About this task
In the material below, which lines hold the word "first"? Pick each one out.

Data provided
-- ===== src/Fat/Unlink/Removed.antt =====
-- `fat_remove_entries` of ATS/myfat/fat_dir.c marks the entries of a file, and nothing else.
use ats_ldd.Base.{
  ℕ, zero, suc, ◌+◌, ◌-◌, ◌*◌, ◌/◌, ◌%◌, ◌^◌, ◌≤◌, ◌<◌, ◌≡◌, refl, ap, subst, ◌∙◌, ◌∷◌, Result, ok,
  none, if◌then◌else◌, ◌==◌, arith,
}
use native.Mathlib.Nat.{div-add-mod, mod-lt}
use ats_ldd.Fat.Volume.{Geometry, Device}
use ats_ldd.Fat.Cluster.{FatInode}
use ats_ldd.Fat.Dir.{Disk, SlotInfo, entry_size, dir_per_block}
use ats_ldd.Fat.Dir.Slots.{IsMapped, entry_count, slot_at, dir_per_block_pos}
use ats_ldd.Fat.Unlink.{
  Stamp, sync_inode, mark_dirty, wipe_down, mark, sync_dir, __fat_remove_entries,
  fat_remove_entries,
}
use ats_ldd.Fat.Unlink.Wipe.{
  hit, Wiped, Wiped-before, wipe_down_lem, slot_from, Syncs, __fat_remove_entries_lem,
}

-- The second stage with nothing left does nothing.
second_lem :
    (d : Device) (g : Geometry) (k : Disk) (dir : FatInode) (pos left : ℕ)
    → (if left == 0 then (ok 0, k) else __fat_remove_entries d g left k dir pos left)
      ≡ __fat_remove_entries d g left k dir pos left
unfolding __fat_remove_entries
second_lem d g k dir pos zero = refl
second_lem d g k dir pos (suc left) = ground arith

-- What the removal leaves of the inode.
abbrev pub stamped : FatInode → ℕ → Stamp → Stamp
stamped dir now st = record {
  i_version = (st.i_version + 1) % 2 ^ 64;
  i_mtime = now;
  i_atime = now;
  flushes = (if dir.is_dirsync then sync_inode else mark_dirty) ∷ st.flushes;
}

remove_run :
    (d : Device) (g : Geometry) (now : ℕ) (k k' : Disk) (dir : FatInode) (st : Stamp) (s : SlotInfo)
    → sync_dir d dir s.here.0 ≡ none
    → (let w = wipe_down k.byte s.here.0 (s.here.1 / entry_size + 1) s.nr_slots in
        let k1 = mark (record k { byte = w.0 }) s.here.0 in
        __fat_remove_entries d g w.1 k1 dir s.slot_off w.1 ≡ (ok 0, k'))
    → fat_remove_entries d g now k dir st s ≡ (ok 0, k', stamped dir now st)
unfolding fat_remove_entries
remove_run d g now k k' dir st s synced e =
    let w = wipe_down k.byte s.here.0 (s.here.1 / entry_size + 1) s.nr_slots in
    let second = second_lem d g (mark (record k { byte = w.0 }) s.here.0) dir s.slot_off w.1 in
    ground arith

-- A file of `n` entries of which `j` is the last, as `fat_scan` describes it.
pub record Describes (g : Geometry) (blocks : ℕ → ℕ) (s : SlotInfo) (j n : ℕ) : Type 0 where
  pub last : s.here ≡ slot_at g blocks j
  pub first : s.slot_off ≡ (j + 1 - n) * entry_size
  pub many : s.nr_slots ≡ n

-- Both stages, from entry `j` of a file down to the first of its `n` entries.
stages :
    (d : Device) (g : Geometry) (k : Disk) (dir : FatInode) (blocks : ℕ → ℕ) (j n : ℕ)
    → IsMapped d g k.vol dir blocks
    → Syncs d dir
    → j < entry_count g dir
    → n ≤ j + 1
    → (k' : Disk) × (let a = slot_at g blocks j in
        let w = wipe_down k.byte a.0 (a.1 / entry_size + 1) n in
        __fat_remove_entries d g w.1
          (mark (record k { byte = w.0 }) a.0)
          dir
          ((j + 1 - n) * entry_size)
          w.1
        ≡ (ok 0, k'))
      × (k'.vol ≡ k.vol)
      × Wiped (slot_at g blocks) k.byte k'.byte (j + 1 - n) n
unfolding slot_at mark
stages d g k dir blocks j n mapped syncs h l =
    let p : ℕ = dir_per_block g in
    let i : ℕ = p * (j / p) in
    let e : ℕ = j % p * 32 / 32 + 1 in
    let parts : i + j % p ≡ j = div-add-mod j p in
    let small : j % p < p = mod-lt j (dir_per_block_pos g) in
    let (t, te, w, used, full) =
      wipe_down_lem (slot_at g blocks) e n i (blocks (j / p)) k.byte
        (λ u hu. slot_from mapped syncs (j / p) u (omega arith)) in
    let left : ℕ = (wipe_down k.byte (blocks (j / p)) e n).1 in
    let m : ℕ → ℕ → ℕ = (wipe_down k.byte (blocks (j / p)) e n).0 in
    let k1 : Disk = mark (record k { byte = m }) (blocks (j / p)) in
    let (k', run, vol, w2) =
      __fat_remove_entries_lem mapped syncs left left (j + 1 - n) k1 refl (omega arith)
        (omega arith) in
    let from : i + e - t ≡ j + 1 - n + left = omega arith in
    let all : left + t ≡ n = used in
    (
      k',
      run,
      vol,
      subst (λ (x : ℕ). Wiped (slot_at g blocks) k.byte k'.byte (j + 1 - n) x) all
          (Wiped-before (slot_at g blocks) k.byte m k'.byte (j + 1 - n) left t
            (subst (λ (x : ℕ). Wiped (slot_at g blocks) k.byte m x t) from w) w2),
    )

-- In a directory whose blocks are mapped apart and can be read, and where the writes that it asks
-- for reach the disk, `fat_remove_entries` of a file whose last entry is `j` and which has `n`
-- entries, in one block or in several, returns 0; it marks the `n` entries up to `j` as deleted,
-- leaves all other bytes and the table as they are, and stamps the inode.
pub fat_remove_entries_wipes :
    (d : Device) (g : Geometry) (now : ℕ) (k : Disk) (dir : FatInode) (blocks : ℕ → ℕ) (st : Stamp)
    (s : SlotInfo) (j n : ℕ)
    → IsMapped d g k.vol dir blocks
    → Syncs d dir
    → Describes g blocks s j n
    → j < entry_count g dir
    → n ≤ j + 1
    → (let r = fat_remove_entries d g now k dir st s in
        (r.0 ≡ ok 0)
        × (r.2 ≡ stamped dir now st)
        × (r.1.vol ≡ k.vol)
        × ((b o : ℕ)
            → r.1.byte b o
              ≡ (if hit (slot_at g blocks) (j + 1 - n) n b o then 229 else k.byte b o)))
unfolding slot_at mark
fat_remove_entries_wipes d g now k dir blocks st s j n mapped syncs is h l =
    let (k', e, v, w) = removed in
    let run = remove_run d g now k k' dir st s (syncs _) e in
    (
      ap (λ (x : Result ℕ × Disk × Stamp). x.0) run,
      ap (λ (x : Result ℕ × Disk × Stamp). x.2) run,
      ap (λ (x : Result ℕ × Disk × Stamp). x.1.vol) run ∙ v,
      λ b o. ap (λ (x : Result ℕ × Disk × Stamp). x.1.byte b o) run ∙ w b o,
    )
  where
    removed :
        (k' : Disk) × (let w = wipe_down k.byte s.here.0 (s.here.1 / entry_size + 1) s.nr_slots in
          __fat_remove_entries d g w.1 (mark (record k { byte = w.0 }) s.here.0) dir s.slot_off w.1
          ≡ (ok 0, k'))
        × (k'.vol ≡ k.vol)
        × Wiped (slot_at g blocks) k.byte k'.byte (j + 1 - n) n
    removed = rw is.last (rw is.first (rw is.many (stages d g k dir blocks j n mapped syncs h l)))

Worked solution
  pub first : s.slot_off ≡ (j + 1 - n) * entry_size
-- Both stages, from entry `j` of a file down to the first of its `n` entries.
    removed = rw is.last (rw is.first (rw is.many (stages d g k dir blocks j n mapped syncs h l)))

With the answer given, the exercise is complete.